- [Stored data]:

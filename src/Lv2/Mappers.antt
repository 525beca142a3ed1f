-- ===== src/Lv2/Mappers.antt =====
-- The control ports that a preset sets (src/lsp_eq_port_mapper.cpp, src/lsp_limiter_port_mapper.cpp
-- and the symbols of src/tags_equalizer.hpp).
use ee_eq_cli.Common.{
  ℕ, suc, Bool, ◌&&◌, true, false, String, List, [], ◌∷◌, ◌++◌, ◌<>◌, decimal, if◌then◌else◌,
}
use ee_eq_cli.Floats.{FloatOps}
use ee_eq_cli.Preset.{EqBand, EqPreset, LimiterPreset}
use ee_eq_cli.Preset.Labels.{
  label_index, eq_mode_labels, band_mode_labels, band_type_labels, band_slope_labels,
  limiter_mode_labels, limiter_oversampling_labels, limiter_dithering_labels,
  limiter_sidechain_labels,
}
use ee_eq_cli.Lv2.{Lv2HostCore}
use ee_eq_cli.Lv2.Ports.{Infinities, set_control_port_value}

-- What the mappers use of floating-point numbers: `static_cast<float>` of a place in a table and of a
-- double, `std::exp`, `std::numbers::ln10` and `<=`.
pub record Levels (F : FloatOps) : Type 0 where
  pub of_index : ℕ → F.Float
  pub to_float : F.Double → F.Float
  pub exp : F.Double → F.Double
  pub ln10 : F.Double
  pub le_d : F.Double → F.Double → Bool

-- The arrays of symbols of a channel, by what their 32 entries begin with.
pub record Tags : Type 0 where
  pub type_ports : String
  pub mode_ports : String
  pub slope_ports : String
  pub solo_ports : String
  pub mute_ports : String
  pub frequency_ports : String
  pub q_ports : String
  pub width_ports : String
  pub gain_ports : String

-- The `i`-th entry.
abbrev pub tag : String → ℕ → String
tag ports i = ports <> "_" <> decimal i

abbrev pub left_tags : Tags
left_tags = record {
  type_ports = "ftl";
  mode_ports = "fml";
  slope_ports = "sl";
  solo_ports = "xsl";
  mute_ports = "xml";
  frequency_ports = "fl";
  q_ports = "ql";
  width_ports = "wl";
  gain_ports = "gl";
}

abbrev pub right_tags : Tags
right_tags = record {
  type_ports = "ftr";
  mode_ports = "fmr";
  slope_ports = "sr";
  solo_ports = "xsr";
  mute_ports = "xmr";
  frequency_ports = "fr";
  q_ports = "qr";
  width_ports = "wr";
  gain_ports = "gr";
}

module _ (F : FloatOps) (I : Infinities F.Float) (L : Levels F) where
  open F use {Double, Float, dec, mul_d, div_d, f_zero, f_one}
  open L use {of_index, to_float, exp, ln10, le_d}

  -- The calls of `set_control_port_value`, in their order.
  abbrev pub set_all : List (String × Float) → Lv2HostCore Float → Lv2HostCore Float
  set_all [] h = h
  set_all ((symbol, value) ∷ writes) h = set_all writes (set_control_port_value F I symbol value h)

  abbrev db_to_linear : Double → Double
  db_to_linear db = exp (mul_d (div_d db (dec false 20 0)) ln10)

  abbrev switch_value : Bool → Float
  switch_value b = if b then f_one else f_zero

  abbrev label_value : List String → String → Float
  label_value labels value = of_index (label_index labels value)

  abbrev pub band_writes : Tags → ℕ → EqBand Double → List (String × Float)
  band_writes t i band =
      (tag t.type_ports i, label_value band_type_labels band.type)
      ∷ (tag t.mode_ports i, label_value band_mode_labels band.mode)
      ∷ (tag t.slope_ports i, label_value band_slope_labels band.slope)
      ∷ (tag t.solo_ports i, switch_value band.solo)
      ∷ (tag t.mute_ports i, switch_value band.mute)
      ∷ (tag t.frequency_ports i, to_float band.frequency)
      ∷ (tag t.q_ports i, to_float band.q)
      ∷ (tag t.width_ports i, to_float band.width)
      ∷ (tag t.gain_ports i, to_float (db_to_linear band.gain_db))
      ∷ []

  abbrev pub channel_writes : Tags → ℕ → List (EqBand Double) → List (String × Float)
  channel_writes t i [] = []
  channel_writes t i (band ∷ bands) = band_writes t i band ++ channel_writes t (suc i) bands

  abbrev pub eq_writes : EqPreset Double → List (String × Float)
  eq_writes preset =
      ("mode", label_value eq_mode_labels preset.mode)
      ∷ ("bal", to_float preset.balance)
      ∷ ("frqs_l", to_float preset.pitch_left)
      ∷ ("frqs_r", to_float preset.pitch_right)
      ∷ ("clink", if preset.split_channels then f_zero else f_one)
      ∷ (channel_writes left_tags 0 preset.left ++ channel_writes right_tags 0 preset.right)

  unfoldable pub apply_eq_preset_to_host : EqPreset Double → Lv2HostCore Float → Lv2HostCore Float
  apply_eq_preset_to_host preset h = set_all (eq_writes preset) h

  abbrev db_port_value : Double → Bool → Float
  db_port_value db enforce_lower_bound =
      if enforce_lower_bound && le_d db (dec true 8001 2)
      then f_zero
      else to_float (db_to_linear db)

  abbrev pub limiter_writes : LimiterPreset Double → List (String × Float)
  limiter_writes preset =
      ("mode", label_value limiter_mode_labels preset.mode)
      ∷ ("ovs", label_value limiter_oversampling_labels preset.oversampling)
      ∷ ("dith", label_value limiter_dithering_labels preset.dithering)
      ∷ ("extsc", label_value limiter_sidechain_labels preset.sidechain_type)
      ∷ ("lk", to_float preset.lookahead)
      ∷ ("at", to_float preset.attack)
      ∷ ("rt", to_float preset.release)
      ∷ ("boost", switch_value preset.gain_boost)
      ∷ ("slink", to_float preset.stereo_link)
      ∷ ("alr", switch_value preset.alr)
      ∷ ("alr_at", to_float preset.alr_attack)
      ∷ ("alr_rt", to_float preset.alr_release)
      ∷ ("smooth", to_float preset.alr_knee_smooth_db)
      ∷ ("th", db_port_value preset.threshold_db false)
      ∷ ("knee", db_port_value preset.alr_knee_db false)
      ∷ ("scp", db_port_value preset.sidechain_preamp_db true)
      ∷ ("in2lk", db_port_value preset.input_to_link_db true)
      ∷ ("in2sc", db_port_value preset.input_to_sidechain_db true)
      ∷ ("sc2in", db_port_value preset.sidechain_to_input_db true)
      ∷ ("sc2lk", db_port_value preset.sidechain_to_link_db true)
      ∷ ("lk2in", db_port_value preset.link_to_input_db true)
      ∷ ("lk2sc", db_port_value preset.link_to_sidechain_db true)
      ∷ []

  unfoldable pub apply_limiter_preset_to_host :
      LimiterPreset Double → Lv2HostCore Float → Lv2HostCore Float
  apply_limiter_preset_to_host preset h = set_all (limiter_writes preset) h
--
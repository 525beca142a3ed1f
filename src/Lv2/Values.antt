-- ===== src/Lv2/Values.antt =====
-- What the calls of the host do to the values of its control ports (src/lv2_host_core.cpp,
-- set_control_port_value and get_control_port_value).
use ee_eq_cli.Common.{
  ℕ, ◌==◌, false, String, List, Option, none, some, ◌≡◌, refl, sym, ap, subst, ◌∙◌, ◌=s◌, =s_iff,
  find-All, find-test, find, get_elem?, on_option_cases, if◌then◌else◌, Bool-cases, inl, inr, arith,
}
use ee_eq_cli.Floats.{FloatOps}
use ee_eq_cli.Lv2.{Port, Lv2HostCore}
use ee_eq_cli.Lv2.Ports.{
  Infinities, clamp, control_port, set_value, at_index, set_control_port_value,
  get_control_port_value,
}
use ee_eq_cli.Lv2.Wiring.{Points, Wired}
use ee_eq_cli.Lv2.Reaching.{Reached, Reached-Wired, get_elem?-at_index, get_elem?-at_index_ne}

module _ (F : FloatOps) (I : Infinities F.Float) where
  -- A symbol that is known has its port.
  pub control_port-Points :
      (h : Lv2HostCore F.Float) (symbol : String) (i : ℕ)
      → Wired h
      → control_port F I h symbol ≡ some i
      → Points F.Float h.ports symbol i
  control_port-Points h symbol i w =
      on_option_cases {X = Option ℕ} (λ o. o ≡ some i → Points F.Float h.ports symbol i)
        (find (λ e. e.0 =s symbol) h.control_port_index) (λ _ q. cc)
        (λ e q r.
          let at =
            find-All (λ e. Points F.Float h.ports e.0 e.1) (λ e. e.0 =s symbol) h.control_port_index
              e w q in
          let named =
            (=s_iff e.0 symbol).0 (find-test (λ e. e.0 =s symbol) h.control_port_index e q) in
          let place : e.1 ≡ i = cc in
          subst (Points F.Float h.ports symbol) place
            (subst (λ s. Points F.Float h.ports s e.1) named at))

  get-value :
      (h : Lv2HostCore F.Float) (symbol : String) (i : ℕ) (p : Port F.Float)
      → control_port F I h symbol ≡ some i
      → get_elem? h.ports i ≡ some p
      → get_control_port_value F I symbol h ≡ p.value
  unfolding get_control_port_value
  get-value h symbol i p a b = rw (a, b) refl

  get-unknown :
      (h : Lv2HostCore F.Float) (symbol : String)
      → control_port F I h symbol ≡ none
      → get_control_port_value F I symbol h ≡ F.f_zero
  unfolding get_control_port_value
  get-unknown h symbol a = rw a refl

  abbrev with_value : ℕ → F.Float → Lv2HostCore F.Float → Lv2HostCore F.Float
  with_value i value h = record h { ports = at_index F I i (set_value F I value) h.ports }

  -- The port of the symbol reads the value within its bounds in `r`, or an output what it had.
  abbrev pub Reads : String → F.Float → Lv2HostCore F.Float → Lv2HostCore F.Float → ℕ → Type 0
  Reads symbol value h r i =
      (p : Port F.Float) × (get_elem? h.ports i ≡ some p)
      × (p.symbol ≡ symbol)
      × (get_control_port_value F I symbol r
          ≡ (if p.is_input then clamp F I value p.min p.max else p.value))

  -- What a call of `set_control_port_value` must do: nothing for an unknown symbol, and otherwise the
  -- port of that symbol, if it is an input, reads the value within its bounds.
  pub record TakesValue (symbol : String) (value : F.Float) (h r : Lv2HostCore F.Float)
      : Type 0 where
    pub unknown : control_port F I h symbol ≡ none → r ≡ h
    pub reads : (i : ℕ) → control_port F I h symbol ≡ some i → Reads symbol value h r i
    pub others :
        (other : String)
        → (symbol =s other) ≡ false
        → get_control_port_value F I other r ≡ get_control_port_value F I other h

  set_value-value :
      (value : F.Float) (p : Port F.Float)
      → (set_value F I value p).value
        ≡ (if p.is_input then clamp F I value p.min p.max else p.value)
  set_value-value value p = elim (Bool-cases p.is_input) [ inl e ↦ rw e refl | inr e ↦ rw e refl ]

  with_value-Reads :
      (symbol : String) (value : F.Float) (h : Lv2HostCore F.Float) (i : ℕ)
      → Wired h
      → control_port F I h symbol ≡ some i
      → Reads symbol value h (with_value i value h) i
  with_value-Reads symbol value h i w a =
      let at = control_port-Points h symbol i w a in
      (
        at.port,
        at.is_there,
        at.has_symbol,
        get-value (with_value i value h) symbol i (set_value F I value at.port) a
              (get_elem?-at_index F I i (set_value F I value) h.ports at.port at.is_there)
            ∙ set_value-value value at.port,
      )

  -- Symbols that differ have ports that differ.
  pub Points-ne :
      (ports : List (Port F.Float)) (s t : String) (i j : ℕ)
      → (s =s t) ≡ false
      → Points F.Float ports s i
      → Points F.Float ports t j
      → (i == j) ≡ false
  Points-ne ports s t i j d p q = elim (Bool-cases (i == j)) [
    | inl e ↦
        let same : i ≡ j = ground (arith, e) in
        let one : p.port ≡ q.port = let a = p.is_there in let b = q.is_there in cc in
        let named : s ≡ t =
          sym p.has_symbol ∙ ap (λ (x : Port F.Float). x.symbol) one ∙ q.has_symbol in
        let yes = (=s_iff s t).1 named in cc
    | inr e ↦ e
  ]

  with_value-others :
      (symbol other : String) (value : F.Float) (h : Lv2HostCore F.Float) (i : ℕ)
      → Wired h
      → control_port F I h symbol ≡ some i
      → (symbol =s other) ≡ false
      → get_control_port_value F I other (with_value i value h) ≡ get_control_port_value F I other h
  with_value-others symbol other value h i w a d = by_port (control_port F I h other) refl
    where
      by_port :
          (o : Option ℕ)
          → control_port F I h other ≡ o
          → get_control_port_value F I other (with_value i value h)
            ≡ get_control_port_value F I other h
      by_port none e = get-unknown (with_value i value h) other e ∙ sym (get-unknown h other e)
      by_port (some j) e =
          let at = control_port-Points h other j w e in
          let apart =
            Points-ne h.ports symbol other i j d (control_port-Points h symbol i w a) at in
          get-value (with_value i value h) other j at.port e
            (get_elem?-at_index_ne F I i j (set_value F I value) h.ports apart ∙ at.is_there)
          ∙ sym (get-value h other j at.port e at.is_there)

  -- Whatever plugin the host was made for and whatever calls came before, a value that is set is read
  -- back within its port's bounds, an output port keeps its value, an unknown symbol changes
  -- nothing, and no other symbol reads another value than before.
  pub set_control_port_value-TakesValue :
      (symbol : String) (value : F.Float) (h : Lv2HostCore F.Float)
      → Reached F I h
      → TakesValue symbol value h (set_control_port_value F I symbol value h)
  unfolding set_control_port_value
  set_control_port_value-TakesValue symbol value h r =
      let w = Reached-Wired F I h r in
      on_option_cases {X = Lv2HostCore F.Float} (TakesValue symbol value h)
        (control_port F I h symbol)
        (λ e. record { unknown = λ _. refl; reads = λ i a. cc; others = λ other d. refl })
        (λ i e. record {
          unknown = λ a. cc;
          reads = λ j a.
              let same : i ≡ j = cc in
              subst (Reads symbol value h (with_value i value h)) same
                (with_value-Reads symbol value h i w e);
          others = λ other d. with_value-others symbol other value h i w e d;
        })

- [Requirement]: Would you copy out exactly the lines above that start at the one containing "Points-ne h.ports symbol" and end at the one containing "at.port e at.is_there)", inclusive?

- [Task answer]:
            Points-ne h.ports symbol other i j d (control_port-Points h symbol i w a) at in
          get-value (with_value i value h) other j at.port e
            (get_elem?-at_index_ne F I i j (set_value F I value) h.ports apart ∙ at.is_there)
          ∙ sym (get-value h other j at.port e at.is_there)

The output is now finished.